In April 2023, Rachel launched a paid newsletter for her readers.
Right now, it costs $8/month or $80 per year. You can also join the “C-Suite” level and pay a little extra to support her work.
As a paying member, you get access to a private Discord community as well, that is pretty cool. It’s active enough, but not so much so that you’re missing a ton if you’re not in there constantly – which is usually my main gripe with Discord.
The community seems to have around 1,015 members, which could correlate with the number of paying users she has. Although, it’s not easy to run a community, so who knows how diligent Rachel is with kicking people out if they stop paying.
Not everyone joins the Discord either, so this could be much higher.
But if we use that as a benchmark, you could estimate she’s making around $80k from the paid newsletter. Of course, that’s estimating based on everyone paying for the cheaper, annual plan, but let’s be conservative with the numbers here.
Rachel also has a job board where companies can put their openings in front of her audience. This costs $250 per posting, or you can buy a bundle of 3 for $600.
There are currently 43 postings listed there. Who knows what the cadence is or if it’s a busy month, but even if every company is only paying $200 per posting (via buying a 3-pack) that’s around $9k-10k per month from the job board.
That’s potentially more than the paid newsletter is making. Wow.
Rachel also does have sponsors for some issues of the newsletter.
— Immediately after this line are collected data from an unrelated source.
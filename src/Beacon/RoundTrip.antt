-- ===== src/Beacon/RoundTrip.antt =====
-- beacon/reader.go: a `Reader` for a fixed shortcode length reads back the entries of a dump.
use urlhero.Common.{
  ℕ, suc, true, false, List, [], ◌∷◌, ◌++◌, ◌≡◌, refl, sym, ap, ◌∙◌, inl, arith, Outcome, ok, err,
  Bytes, str_eq, ℤ, pos, take, map, All,
}
use urlhero.Beacon.{Error, eof, Link, MetaField, byte_is}
use urlhero.Beacon.Reader.{Reader, handle, fail, unread, new_urlteam_reader, consume_bom}
use urlhero.Beacon.Header.{meta, peek_header, read_meta, finish_meta, wrap_err}
use urlhero.Beacon.Links.{
  link_of_target, link_from, next_link, read_link_fixed, read_link_urlteam, read_link, read,
}
use urlhero.Beacon.Dump.{
  Entry, lines_text, head_line, dump_text, entry_link, IsEntry, drop_line_break-entry,
}
use urlhero.Beacon.Heads.{Ahead, Ready, read_line_raw-end, read_head, split_shortcode-head_line}
use urlhero.Beacon.Gather.{append_lines-more}

-- The reader returned the link of the entry, and stands before the entries that follow.
pub record ReadsEntry (n : ℕ) (r : Reader) (e : Entry) (es : List Entry) : Type 0 where
  pub next : Reader
  pub reads : read r ≡ (ok (entry_link e), next)
  pub ready : Ready n next
  pub ahead : Ahead next es

-- The same for the functions under `read`.
record Links (n : ℕ) (m : Outcome Error Link × Reader) (e : Entry) (es : List Entry) : Type 0 where
  next : Reader
  links : m ≡ (ok (entry_link e), next)
  ready : Ready n next
  ahead : Ahead next es

link_from-entry :
    {n : ℕ} (r : Reader) (e : Entry) (es : List Entry)
    → Ready (suc n) r
    → r.peek_line ≡ []
    → r.rest ≡ lines_text e.more ++ dump_text es
    → IsEntry (suc n) e
    → All (IsEntry (suc n)) es
    → Links (suc n) (link_from (head_line e) r) e es
unfolding link_from read_link_fixed link_of_target
link_from-entry {n} r e es ready p s h hs =
    let gathered =
      append_lines-more e.more (suc (unread r)) (e.first ++ b'\n' ∷ []) r es ready p s h.more_lines
        hs (omega arith) in
    record {
      next = gathered.next;
      links = ground (
        arith,
        ready.len_is,
        split_shortcode-head_line e h,
        gathered.gathers,
        drop_line_break-entry e h,
      );
      ready = gathered.ready;
      ahead = gathered.ahead;
    }

read_link_urlteam-entry :
    {n : ℕ} (r : Reader) (e : Entry) (es : List Entry)
    → Ready (suc n) r
    → Ahead r (e ∷ es)
    → IsEntry (suc n) e
    → All (IsEntry (suc n)) es
    → Links (suc n) (read_link_urlteam r) e es
unfolding read_link_urlteam
read_link_urlteam-entry r e es ready ahead h hs =
    let head = read_head r e es ready h ahead in
    let linked = link_from-entry head.next e es head.ready head.no_peek head.rest_is h hs in
    record {
      next = linked.next;
      links = ground (arith, head.reads, linked.links);
      ready = linked.ready;
      ahead = linked.ahead;
    }

meta-Ready : {n : ℕ} (r : Reader) → Ready n r → meta r ≡ (ok r.meta, r)
unfolding meta
meta-Ready r ready = ground (arith, ready.meta_done)

read_lem : (r : Reader) → read r ≡ handle meta next_link fail r
unfolding read
read_lem r = refl

read-entry :
    {n : ℕ} (r : Reader) (e : Entry) (es : List Entry)
    → Ready (suc n) r
    → Ahead r (e ∷ es)
    → IsEntry (suc n) e
    → All (IsEntry (suc n)) es
    → ReadsEntry (suc n) r e es
unfolding read_link
read-entry r e es ready ahead h hs =
    let linked = read_link_urlteam-entry r e es ready ahead h hs in
    record {
      next = linked.next;
      reads = read_lem r ∙ ground (arith, meta-Ready r ready, ready.format_is, linked.links);
      ready = linked.ready;
      ahead = linked.ahead;
    }

read_link_urlteam-end :
    {n : ℕ} (r : Reader) → Ready n r → Ahead r [] → (read_link_urlteam r).0 ≡ err eof
unfolding read_link_urlteam
read_link_urlteam-end r ready ahead =
    ground (arith, read_line_raw-end r ahead.0 ahead.1 ready.at_end)

read-end : {n : ℕ} (r : Reader) → Ready n r → Ahead r [] → (read r).0 ≡ err eof
unfolding read_link wrap_err
read-end r ready ahead =
    ap (λ m. m.0) (read_lem r)
    ∙ ground (arith, meta-Ready r ready, ready.format_is, read_link_urlteam-end r ready ahead)

-- Calls of `read` that return these links, one after another.
pub data Reads : Reader → List Link → Reader → Type 0 where
  done : {r : Reader} → Reads r [] r
  more :
      {r r' r'' : Reader} {l : Link} {ls : List Link}
      → read r ≡ (ok l, r')
      → Reads r' ls r''
      → Reads r (l ∷ ls) r''

-- The calls of `read` return these links, and then `io.EOF`.
pub record ReadsAll (r : Reader) (ls : List Link) : Type 0 where
  pub last : Reader
  pub reads : Reads r ls last
  pub ends : (read last).0 ≡ err eof

Ready-Reads :
    {n : ℕ} (r : Reader) (es : List Entry)
    → Ready (suc n) r
    → Ahead r es
    → All (IsEntry (suc n)) es
    → ReadsAll r (map entry_link es)
Ready-Reads r [] ready ahead hs = record { last = r; reads = done; ends = read-end r ready ahead }
Ready-Reads r (e ∷ es) ready ahead hs =
    let step = read-entry r e es ready ahead hs.0 hs.1 in
    let rest = Ready-Reads step.next es step.ready step.ahead hs.1 in
    record { last = rest.last; reads = more step.reads rest.reads; ends = rest.ends }

-- No byte order mark and no meta line in front.
abbrev pub NoHeader : Bytes → Type 0
NoHeader src =
    (str_eq (take 3 src) (0xEF ∷ 0xBB ∷ 0xBF ∷ []) ≡ false) × (byte_is b'#' src 0 ≡ false)

meta-NoHeader :
    (src : Bytes) (len : ℤ)
    → NoHeader src
    → meta (new_urlteam_reader src eof len)
      ≡ (ok [], record (new_urlteam_reader src eof len) { meta_read = true })
unfolding meta read_meta consume_bom peek_header finish_meta
meta-NoHeader [] len h = refl
meta-NoHeader (c ∷ src) len h = ground (arith, h.0, h.1)

fresh-Ready :
    (src : Bytes) (n : ℕ)
    → Ready n (record (new_urlteam_reader src eof (pos n)) { meta_read = true })
fresh-Ready src n = record { at_end = refl; meta_done = refl; format_is = refl; len_is = refl }

-- A first call of `read` goes on from where `Meta` stops.
read-meta :
    {n : ℕ} {m : List MetaField} (r r' : Reader)
    → meta r ≡ (ok m, r')
    → Ready n r'
    → read r ≡ read r'
read-meta r r' e ready =
    read_lem r
    ∙ ap (λ x. handle (λ _. x) next_link fail r) e
    ∙ sym (read_lem r' ∙ ap (λ x. handle (λ _. x) next_link fail r') (meta-Ready r' ready))

-- For a dump with no header whose entries are well formed, the calls of `read` return the links of
-- the entries in order, targets of several lines included, and then `io.EOF`.
pub reads_dump :
    {n : ℕ} (es : List Entry)
    → All (IsEntry (suc n)) es
    → NoHeader (dump_text es)
    → ReadsAll (new_urlteam_reader (dump_text es) eof (pos (suc n))) (map entry_link es)
reads_dump [] hs h =
    let read_on = meta-NoHeader [] _ h in
    let ready = fresh-Ready [] _ in
    record {
      last = _;
      reads = done;
      ends = ap (λ m. m.0) (read-meta _ _ read_on ready) ∙ read-end _ ready (refl, refl);
    }
reads_dump (e ∷ es) hs h =
    let read_on = meta-NoHeader (dump_text (e ∷ es)) _ h in
    let ready = fresh-Ready (dump_text (e ∷ es)) _ in
    let step = read-entry _ e es ready (inl (refl, refl)) hs.0 hs.1 in
    let rest = Ready-Reads step.next es step.ready step.ahead hs.1 in
    record {
      last = rest.last;
      reads = more (read-meta _ _ read_on ready ∙ step.reads) rest.reads;
      ends = rest.ends;
    }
In fact, this is one of the really creative ways she’s built the newsletter, but I’ll get into that more later.
Social Media Consulting
One of the main ways she makes money is through consulting and doing freelance work.
This has the benefit of bringing in money quickly, but also keeps her skills sharp as a social media manager.
Her newsletter is almost like a funnel for people to learn about her skills and hire her as a consultant.
The Growth Timeline
Rachel’s story is kind of a refreshing change from some of the past deep dives. It’s a consistent up and to the right growth timeline, without huge spikes and insanely fast growth.
You may notice that Rachel had around 65k followers on Instagram when she started the newsletter.
A lot of those followers came from her time working at Bon Appetit, because people would follow her for food recommendations and advice.
So while she had a decent sized following there, don’t let that sway you into thinking she had it easy trying to grow this newsletter.
I think if we remove the Instagram numbers from her growth timeline it shows a better story of this growth.
This second one just shows more of the “details” of growth and when certain things happened.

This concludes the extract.